Zulip Chat Archive

Stream: Is there code for X?

Topic: function equal to id of function (norm iterated_fderiv)

rtertr (Sonia) (Apr 24 2023 at 19:55):

Good evening everyone,

Is there a theorem for proving that these two norms are equal?
Or would is it not logically true, and they have to be written in a different way?

import tactic
import analysis.special_functions.exp_deriv
import analysis.calculus.iterated_deriv

noncomputable theory

namespace real

lemma inner_product_to_one_dimensional1 {i:ℕ} {a:ℂ} {x:ℝ  }: ‖iterated_fderiv ℝ i (λ (x : ℝ ), x) (‖x‖) ‖ = ‖iterated_fderiv ℝ i (λ (x : ℝ ), ‖x‖) x ‖:=
begin
  simp only [real.norm_eq_abs],
  congr',
end

Filippo A. E. Nuccio (Apr 25 2023 at 13:35):

Well, what you are trying to prove is not true.

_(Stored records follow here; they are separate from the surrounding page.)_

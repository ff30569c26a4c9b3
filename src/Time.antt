-- ===== src/Time.antt =====
-- Go's time.Time as an instant: nanoseconds since Go's zero time, 1 January of year 1, UTC. `UTC()`
-- changes the location and not the instant. time.Duration is a number of nanoseconds.
use statlite.Prelude.{ℕ, zero, suc, ◌+◌, ◌-◌, ◌*◌, ◌%◌, ◌≤◌, ◌<◌, ◌≡◌, Bool, arith, ltb}

abbrev pub Time : Type 0
Time = ℕ

abbrev pub Duration : Type 0
Duration = ℕ

abbrev pub second : Duration
second = 1_000_000_000

abbrev pub minute : Duration
minute = 60 * second

abbrev pub hour : Duration
hour = 60 * minute

-- t.Before(u), t.After(u)
abbrev pub before : Time → Time → Bool
before t u = ltb t u

abbrev pub after : Time → Time → Bool
after t u = ltb u t

-- t.Truncate(d): rounds down to a multiple of d since the zero time; t itself for d <= 0.
unfoldable pub truncate : Time → Duration → Time
truncate t zero = t
truncate t (suc d) = t - t % suc d

pub truncate-le : (t : Time) (d : Duration) → truncate t d ≤ t
unfolding truncate
truncate-le t zero = omega arith
truncate-le t (suc d) = omega arith

-- The bucket of `t` starts less than a duration before it.
pub lt-truncate-add : (t d : ℕ) → 0 < d → t < truncate t d + d
unfolding truncate
lt-truncate-add t zero h = elim h [ ]
lt-truncate-add t (suc d) h = omega arith

pub truncate_aligned : (t d : ℕ) → 0 < d → truncate t d % d ≡ 0
unfolding truncate
truncate_aligned t zero h = elim h [ ]
truncate_aligned t (suc d) h = grind arith

pub truncate_mono : (t u d : ℕ) → t ≤ u → truncate t d ≤ truncate u d
unfolding truncate
truncate_mono t u zero h = h
truncate_mono t u (suc d) h = grind arith
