-- ===== src/Collector/Model.antt =====
-- internal/collector/model.go: the normalized result of one collection.
use statlite.Float.{Float64}
use statlite.Time.{Time}
use statlite.Prelude.{
  String, ◌≡◌, Bool, true, false, not, ◌&&◌, Option, List, [], ◌∷◌, ◌++◌, arith, if◌then◌else◌,
}

pub data MetricKind : Type 0 where
  counter gauge : MetricKind

pub data EventSeverity : Type 0 where
  warning error : EventSeverity

pub record MetricSample (F : Type 0) : Type 0 where
  pub key : String
  pub kind : MetricKind
  pub value : F
  pub unit : String

pub record CollectorEvent : Type 0 where
  pub severity : EventSeverity
  pub type : String
  pub message : String
  pub metric_key : String

pub record CollectionResult (F : Type 0) : Type 0 where
  pub counter_continuity_break : Bool
  pub target_name : String
  pub metrics_source : String
  pub poll_started_at : Time
  pub poll_finished_at : Time
  pub health_status : String
  pub db_health_status : String
  pub process_start_time : Option Time
  pub samples : List (MetricSample F)
  pub events : List CollectorEvent

abbrev pub is_counter : MetricKind → Bool
is_counter counter = true
is_counter gauge = false

abbrev pub is_error : EventSeverity → Bool
is_error error = true
is_error warning = false

module _ {F : Type 0} ⦃fl : Float64 F⦄ where
  unfoldable pub finite_nonnegative : F → Bool
  finite_nonnegative value =
      not (fl.is_nan value) && not (fl.is_inf value) && fl.fle fl.zero_f value

  -- The sum and whether it was added; the total is kept where it was not.
  unfoldable pub add_finite_nonnegative : F → F → F × Bool
  unfolding finite_nonnegative
  add_finite_nonnegative total value =
      if not (finite_nonnegative value)
      then (total, false)
      else (let result = fl.add total value in
          if not (finite_nonnegative result) then (total, false) else (result, true))

  unfoldable pub add_sample :
      CollectionResult F → String → MetricKind → F → String → CollectionResult F
  unfolding finite_nonnegative
  add_sample r key kind value unit =
      if is_counter kind && not (finite_nonnegative value) then r else record r {
        samples = r.samples ++ record { key = key; kind = kind; value = value; unit = unit } ∷ [];
      }

  -- Whatever is added, a total that was finite and not negative stays so.
  pub add_finite_nonnegative_sound :
      (total value : F)
      → finite_nonnegative total ≡ true
      → finite_nonnegative (add_finite_nonnegative total value).0 ≡ true
  unfolding add_finite_nonnegative
  add_finite_nonnegative_sound total value h = ground arith

module _ {F : Type 0} where
  unfoldable pub add_event :
      CollectionResult F → EventSeverity → String → String → String → CollectionResult F
  add_event r severity type metric_key message = record r {
    events =
        r.events
        ++ record { severity = severity; type = type; message = message; metric_key = metric_key }
          ∷ [];
  }
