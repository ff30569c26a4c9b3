-- ===== src/Prometheus.antt =====
-- internal/prometheus/prometheus.go: samples, limits and errors. Texts are bytes, as in Go.
pub mod Labels
pub mod Samples
pub mod Exposition
use statlite.Result.{Result, err, ok, refuse}
use statlite.Bytes.{Bytes}
use statlite.Prelude.{ℕ, zero, Bool, true, false, not, ◌&&◌, ◌||◌, List, [], ◌∷◌, leb, ◌==◌}

-- Limits; sizes and counts are not negative, so `validate` has only zero to refuse.
pub record Limits : Type 0 where
  pub max_compressed_bytes : ℕ
  pub max_decompressed_bytes : ℕ
  pub max_redirects : ℕ
  pub max_samples : ℕ
  pub max_labels_per_sample : ℕ
  pub max_label_bytes : ℕ

abbrev pub default_limits : Limits
default_limits = record {
  max_compressed_bytes = 1_048_576;
  max_decompressed_bytes = 4_194_304;
  max_redirects = 3;
  max_samples = 100_000;
  max_labels_per_sample = 32;
  max_label_bytes = 1024;
}

unfoldable pub validate_limits : Limits → Bool
validate_limits l = not (
    (l.max_compressed_bytes == 0)
    || (l.max_decompressed_bytes == 0)
    || (l.max_samples == 0)
    || (l.max_label_bytes == 0))

pub data FailureClass : Type 0 where
  invalid_url transport authentication not_found http content_type unsafe malformed : FailureClass

pub data Format : Type 0 where
  text_format openmetrics_format : Format

abbrev pub is_openmetrics : Format → Bool
is_openmetrics text_format = false
is_openmetrics openmetrics_format = true

pub record Label : Type 0 where
  pub name : Bytes
  pub value : Bytes

pub record Sample (F : Type 0) : Type 0 where
  pub name : Bytes
  pub labels : List Label
  pub value : F

-- The errors of a line. `label_size_exceeded` and `too_many_labels` wrap errLimitExceeded.
pub data LineError : Type 0 where
  missing_sample_value : LineError
  invalid_metric_name : Bytes → LineError
  unterminated_label_set : LineError
  invalid_label : LineError
  invalid_label_name : Bytes → LineError
  duplicate_label_name : Bytes → LineError
  label_value_not_quoted : LineError
  unterminated_label_escape : LineError
  invalid_label_escape : LineError
  invalid_escaped_label_value : LineError
  unterminated_label_value : LineError
  label_size_exceeded : LineError
  too_many_labels : LineError
  labels_not_separated : LineError
  exemplars_not_supported : LineError
  invalid_exemplar : LineError
  exemplar_labels : LineError → LineError
  exemplar_value_expected : LineError
  invalid_exemplar_value : LineError
  invalid_exemplar_timestamp : LineError
  value_and_timestamp_expected : LineError
  invalid_sample_value : Bytes → LineError
  invalid_sample_timestamp : LineError
  -- A loop without fuel; no line has this error.
  out_of_fuel : LineError

-- errors.Is(err, errLimitExceeded)
unfoldable pub is_limit_exceeded : LineError → Bool
is_limit_exceeded label_size_exceeded = true
is_limit_exceeded too_many_labels = true
is_limit_exceeded (exemplar_labels e) = is_limit_exceeded e
is_limit_exceeded _ = false

abbrev pub is_name_start : Bool → ℕ → Bool
is_name_start colon c =
    (leb b'a' c && leb c b'z')
    || (leb b'A' c && leb c b'Z')
    || (c == b'_')
    || (colon && (c == b':'))

abbrev pub is_name_byte : Bool → ℕ → Bool
is_name_byte colon c = is_name_start colon c || (leb b'0' c && leb c b'9')

unfoldable pub all_name_bytes : Bool → Bytes → Bool
all_name_bytes colon [] = true
all_name_bytes colon (c ∷ s) = is_name_byte colon c && all_name_bytes colon s

-- A byte above ASCII is part of no letter that a name may have.
unfoldable pub valid_name : Bytes → Bool → Bool
unfolding all_name_bytes
valid_name [] colon = false
valid_name (c ∷ s) colon = is_name_start colon c && all_name_bytes colon s

abbrev pub valid_metric_name : Bytes → Bool
valid_metric_name s = valid_name s true

abbrev pub valid_label_name : Bytes → Bool
valid_label_name s = valid_name s false
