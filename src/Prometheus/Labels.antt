-- ===== src/Prometheus/Labels.antt =====
-- internal/prometheus/prometheus.go: quotedValue, findLabelEnd and parseLabels. An index into a text
-- is the text on its two sides.
pub mod Sound
pub mod Rendering
pub mod RoundTrip
use statlite.Result.{Result, ok, err, ◌>>=◌, ◌>>◌, refuse, or_err}
use statlite.Bytes.{Bytes, bytes_eq, trim_space, is_nil, split_at, valid_utf8}
use statlite.Prometheus.{
  Limits, Label, LineError, valid_label_name, unterminated_label_set, invalid_label,
  invalid_label_name, duplicate_label_name, label_value_not_quoted, unterminated_label_escape,
  invalid_label_escape, invalid_escaped_label_value, unterminated_label_value, label_size_exceeded,
  too_many_labels, labels_not_separated, out_of_fuel,
}
use statlite.Prelude.{
  ℕ, zero, suc, ◌+◌, Bool, true, false, not, ◌&&◌, ◌||◌, Option, none, some, List, [], ◌∷◌, ◌++◌,
  ltb, ◌==◌, if◌then◌else◌, length, anyb,
}

-- One more byte in front of the text that was read.
abbrev pub cons_text : ℕ → Result LineError (Bytes × Bytes) → Result LineError (Bytes × Bytes)
cons_text c (ok (text, rest)) = ok (c ∷ text, rest)
cons_text c (err e) = err e

abbrev pub unterminated : Bool → LineError
unterminated true = unterminated_label_escape
unterminated false = unterminated_label_value

-- The loop of quotedValue: the value up to the closing quote, and the text after it. The flag is
-- set behind a backslash.
unfoldable pub read_quoted : Bool → Bytes → Result LineError (Bytes × Bytes)
read_quoted escaped [] = err (unterminated escaped)
read_quoted true (c ∷ s) =
    let rest = read_quoted false s in
    if c == b'\\' || c == b'"'
    then cons_text c rest
    else if c == b'n'
    then cons_text b'\n' rest
    else err invalid_label_escape
read_quoted false (c ∷ s) =
    let escape = read_quoted true s in
    let rest = read_quoted false s in
    if c == b'\\' then escape else if c == b'"' then ok ([], s) else cons_text c rest

-- On a text without its opening quote.
unfoldable pub quoted_value : Bytes → Result LineError (Bytes × Bytes)
unfolding read_quoted
quoted_value s = do
  (value, rest) ← read_quoted false s
  refuse (not (valid_utf8 value)) invalid_escaped_label_value
  ok (value, rest)

-- The text of a label set up to its closing brace, and the text after it; on a text without its
-- opening brace.
unfoldable pub find_label_end : Bool → Bool → Bytes → Result LineError (Bytes × Bytes)
find_label_end escaped quoted [] = err unterminated_label_set
find_label_end escaped quoted (c ∷ s) =
    let escape = not escaped && (c == b'\\') && quoted in
    let rest =
      find_label_end escape (if not escaped && (c == b'"') then not quoted else quoted) s in
    if not escaped && (c == b'}') && not quoted then ok ([], s) else cons_text c rest

abbrev pub unquote : Bytes → Result LineError (Bytes × Bytes)
unquote [] = err label_value_not_quoted
unquote (c ∷ s) = if c == b'"' then quoted_value s else err label_value_not_quoted

abbrev pub after_equals : Option (Bytes × Bytes) → Result LineError (Bytes × Bytes)
after_equals none = err invalid_label
after_equals (some (name, [])) = err invalid_label
after_equals (some (name, _ ∷ s)) = if is_nil name then err invalid_label else ok (name, s)

-- One round of parseLabels: a label, and the text after its value.
unfoldable pub parse_label : Limits → List Bytes → Bytes → Result LineError (Label × Bytes)
parse_label limits seen s = do
  (raw_name, value_text) ← after_equals (split_at (λ c. c == b'=') s)
  let name = trim_space raw_name
  refuse (not (valid_label_name name)) (invalid_label_name name)
  refuse (anyb (bytes_eq name) seen) (duplicate_label_name name)
  (value, rest) ← unquote (trim_space value_text)
  refuse (ltb limits.max_label_bytes (length name + length value)) label_size_exceeded
  ok (record { name = name; value = value }, rest)

-- The text after a label: the end, or a comma and what follows it.
pub data Separator : Type 0 where
  end : Separator
  comma : Bytes → Separator

abbrev pub separator : Bytes → Result LineError Separator
separator [] = ok end
separator (c ∷ s) = if c == b',' then ok (comma s) else err labels_not_separated

abbrev pub after_label :
    List Label → (Bytes → Result LineError (List Label)) → Separator → Result LineError (List Label)
after_label labels next end = ok labels
after_label labels next (comma s) = next s

-- The loop, on fuel, over the labels and the names seen so far.
unfoldable pub parse_labels_from :
    ℕ → Limits → List Label → List Bytes → Bytes → Result LineError (List Label)
parse_labels_from zero limits labels seen s = err out_of_fuel
parse_labels_from (suc fuel) limits labels seen s =
    let more = do
      (label, rest) ← parse_label limits seen (trim_space s)
      let labels' = labels ++ label ∷ []
      refuse (ltb limits.max_labels_per_sample (length labels')) too_many_labels
      next ← separator (trim_space rest)
      after_label labels' (parse_labels_from fuel limits labels' (label.name ∷ seen)) next
    in if is_nil (trim_space s) then ok labels else more

-- A round takes at least a label's quotes and its comma off the text.
unfoldable pub parse_labels : Bytes → Limits → Result LineError (List Label)
unfolding parse_labels_from
parse_labels s limits = parse_labels_from (length s + 1) limits [] [] s
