-- ===== src/Prometheus/Samples.antt =====
-- internal/prometheus/prometheus.go: parseSample, validateExemplar and validateTimestamp. A line is a
-- metric's name, its labels, and a value with an optional timestamp and exemplar.
pub mod RoundTrip
use statlite.Result.{Result, ok, err, ◌>>=◌, ◌>>◌, refuse, or_err}
use statlite.Float.{Float64}
use statlite.Bytes.{Bytes, ascii, trim_space, split_at, split_on, fields}
use statlite.Prometheus.{
  Limits, Format, text_format, openmetrics_format, is_openmetrics, Label, Sample, LineError,
  valid_metric_name, missing_sample_value, invalid_metric_name, exemplars_not_supported,
  invalid_exemplar, exemplar_labels, exemplar_value_expected, invalid_exemplar_value,
  invalid_exemplar_timestamp, value_and_timestamp_expected, invalid_sample_value,
  invalid_sample_timestamp,
}
use statlite.Prometheus.Labels.{find_label_end, parse_labels}
use statlite.Prelude.{
  ◌^◌, ℕ, zero, suc, ◌+◌, ◌-◌, ◌*◌, ◌/◌, ◌%◌, ◌≤◌, ◌<◌, String, ◌≡◌, refl, sym, ap, ◌∙◌, ◌≢◌, ◌↔◌,
  ◌⊎◌, inl, inr, Bool, true, false, not, ◌&&◌, ◌||◌, Option, none, some, List, [], ◌∷◌, ◌++◌, map,
  arith, eq_iff, eq_refl, ltb, leb, ◌==◌, if◌then◌else◌, ltb→lt, lt→ltb, leb→le, ==_iff, tests,
  Bool-cases, Option-cases, is_some, get_or_else, option_eq, length, take, head?, last?, filterb,
  anyb, find?, foldl, All, allb, All-append, All-filterb, All-filterb_of, All-of, All-every,
  All-map, anyb-append, filterb-append, anyb-filterb-not, length-filterb-not, length-append,
  length-take, length-filterb, foldl-append, str_eq, upper_eq, lookup, insert, lookup-insert,
  some_injective,
}

-- strconv.ParseFloat(s, 64), whose errors are `none`.
pub record FloatText (F : Type 0) : Type 0 where
  pub parse_float : Bytes → Option F

-- The decimal digits of a number, with the number in front of them.
unfoldable pub read_digits : ℕ → Bytes → Option ℕ
read_digits n [] = some n
read_digits n (c ∷ s) =
    let rest = read_digits (n * 10 + (c - b'0')) s in
    if leb b'0' c && leb c b'9' then rest else none

abbrev pub is_at_most : Option ℕ → ℕ → Bool
is_at_most none limit = false
is_at_most (some n) limit = leb n limit

abbrev pub is_number_within : Bytes → ℕ → Bool
is_number_within [] limit = false
is_number_within (c ∷ s) limit = is_at_most (read_digits 0 (c ∷ s)) limit

-- Whether strconv.ParseInt(s, 10, 64) succeeds.
unfoldable pub parses_int64 : Bytes → Bool
unfolding read_digits
parses_int64 [] = false
parses_int64 (c ∷ s) =
    if c == b'-'
    then is_number_within s (2 ^ 63)
    else if c == b'+'
    then is_number_within s (2 ^ 63 - 1)
    else is_number_within (c ∷ s) (2 ^ 63 - 1)

abbrev pub in_exemplar : {A : Type 0} → Result LineError A → Result LineError A
in_exemplar (ok a) = ok a
in_exemplar (err e) = err (exemplar_labels e)

-- The labels at the front of a text, and the text after them.
unfoldable pub sample_labels : Limits → Bytes → Result LineError (List Label × Bytes)
sample_labels limits [] = ok ([], [])
sample_labels limits (c ∷ s) =
    if c == b'{'
    then (do
      (body, after) ← find_label_end false false s
      labels ← parse_labels body limits
      ok (labels, trim_space after))
    else ok ([], c ∷ s)

module _ (F : Type 0) ⦃fl : Float64 F⦄ ⦃ft : FloatText F⦄ where
  abbrev pub is_finite : Option F → Bool
  is_finite none = false
  is_finite (some x) = not (fl.is_inf x) && not (fl.is_nan x)

  unfoldable pub validate_timestamp : Bytes → Format → Bool
  unfolding parses_int64
  validate_timestamp value text_format = parses_int64 value
  validate_timestamp value openmetrics_format = is_finite (ft.parse_float value)

  -- A value and an optional timestamp; the errors are the caller's.
  unfoldable pub value_and_timestamp :
      LineError → (Bytes → LineError) → LineError → Format → List Bytes → Result LineError F
  value_and_timestamp count_error value_error time_error format (value ∷ []) =
      or_err (ft.parse_float value) (value_error value)
  value_and_timestamp count_error value_error time_error format (value ∷ time ∷ []) = do
    number ← or_err (ft.parse_float value) (value_error value)
    refuse (not (validate_timestamp time format)) time_error
    ok number
  value_and_timestamp count_error value_error time_error format _ = err count_error

  unfoldable pub validate_exemplar : Bytes → Format → Limits → Result LineError (Unit {0})
  validate_exemplar [] format limits = err invalid_exemplar
  validate_exemplar (c ∷ s) format limits = do
    refuse (not (c == b'{')) invalid_exemplar
    (body, after) ← in_exemplar (find_label_end false false s)
    labels ← in_exemplar (parse_labels body limits)
    number ←
        value_and_timestamp exemplar_value_expected (λ _. invalid_exemplar_value)
          invalid_exemplar_timestamp format (fields (trim_space after))
    ok tt

  abbrev pub exemplar_of : Format → Limits → Bytes → Option (Bytes × Bytes) → Result LineError Bytes
  exemplar_of format limits rest none = ok rest
  exemplar_of format limits rest (some (before, after)) = do
    refuse (not (is_openmetrics format)) exemplars_not_supported
    validate_exemplar (trim_space after) format limits
    ok (trim_space before)

  unfoldable pub parse_sample : Bytes → Format → Limits → Result LineError (Sample F)
  parse_sample line format limits = do
    (name, after) ←
        or_err (split_at (λ c. c == b'{' || c == b' ' || c == b'\t') line) missing_sample_value
    refuse (not (valid_metric_name name)) (invalid_metric_name name)
    (labels, rest) ← sample_labels limits (trim_space after)
    rest' ← exemplar_of format limits rest (split_on (ascii " # ") 3 rest)
    value ←
        value_and_timestamp value_and_timestamp_expected invalid_sample_value
          invalid_sample_timestamp format (fields rest')
    ok (record { name = name; labels = labels; value = value })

For instance, in the special case i=1 after two rewrites one obtains

lemma inner_product_to_one_dimensional1 {a:ℂ} {x:ℝ }:
‖iterated_fderiv ℝ 1 (λ (x : ℝ ), x) (‖x‖) ‖ = ‖iterated_fderiv ℝ 1 (λ (x : ℝ ), ‖x‖) x ‖:=
begin
  rw norm_iterated_fderiv_eq_norm_iterated_deriv,
  rw iterated_deriv_one,
  rw norm_iterated_fderiv_eq_norm_iterated_deriv,
  rw iterated_deriv_one,
  simp,
end

with the goal ⊢ 1 = |deriv abs x| . Since the absolute value is not differentiable at 0, its derivative is defined to be 0 there, so the goal is actually ⊢ 1 = 0.

Last updated: Dec 20 2023 at 11:08 UTC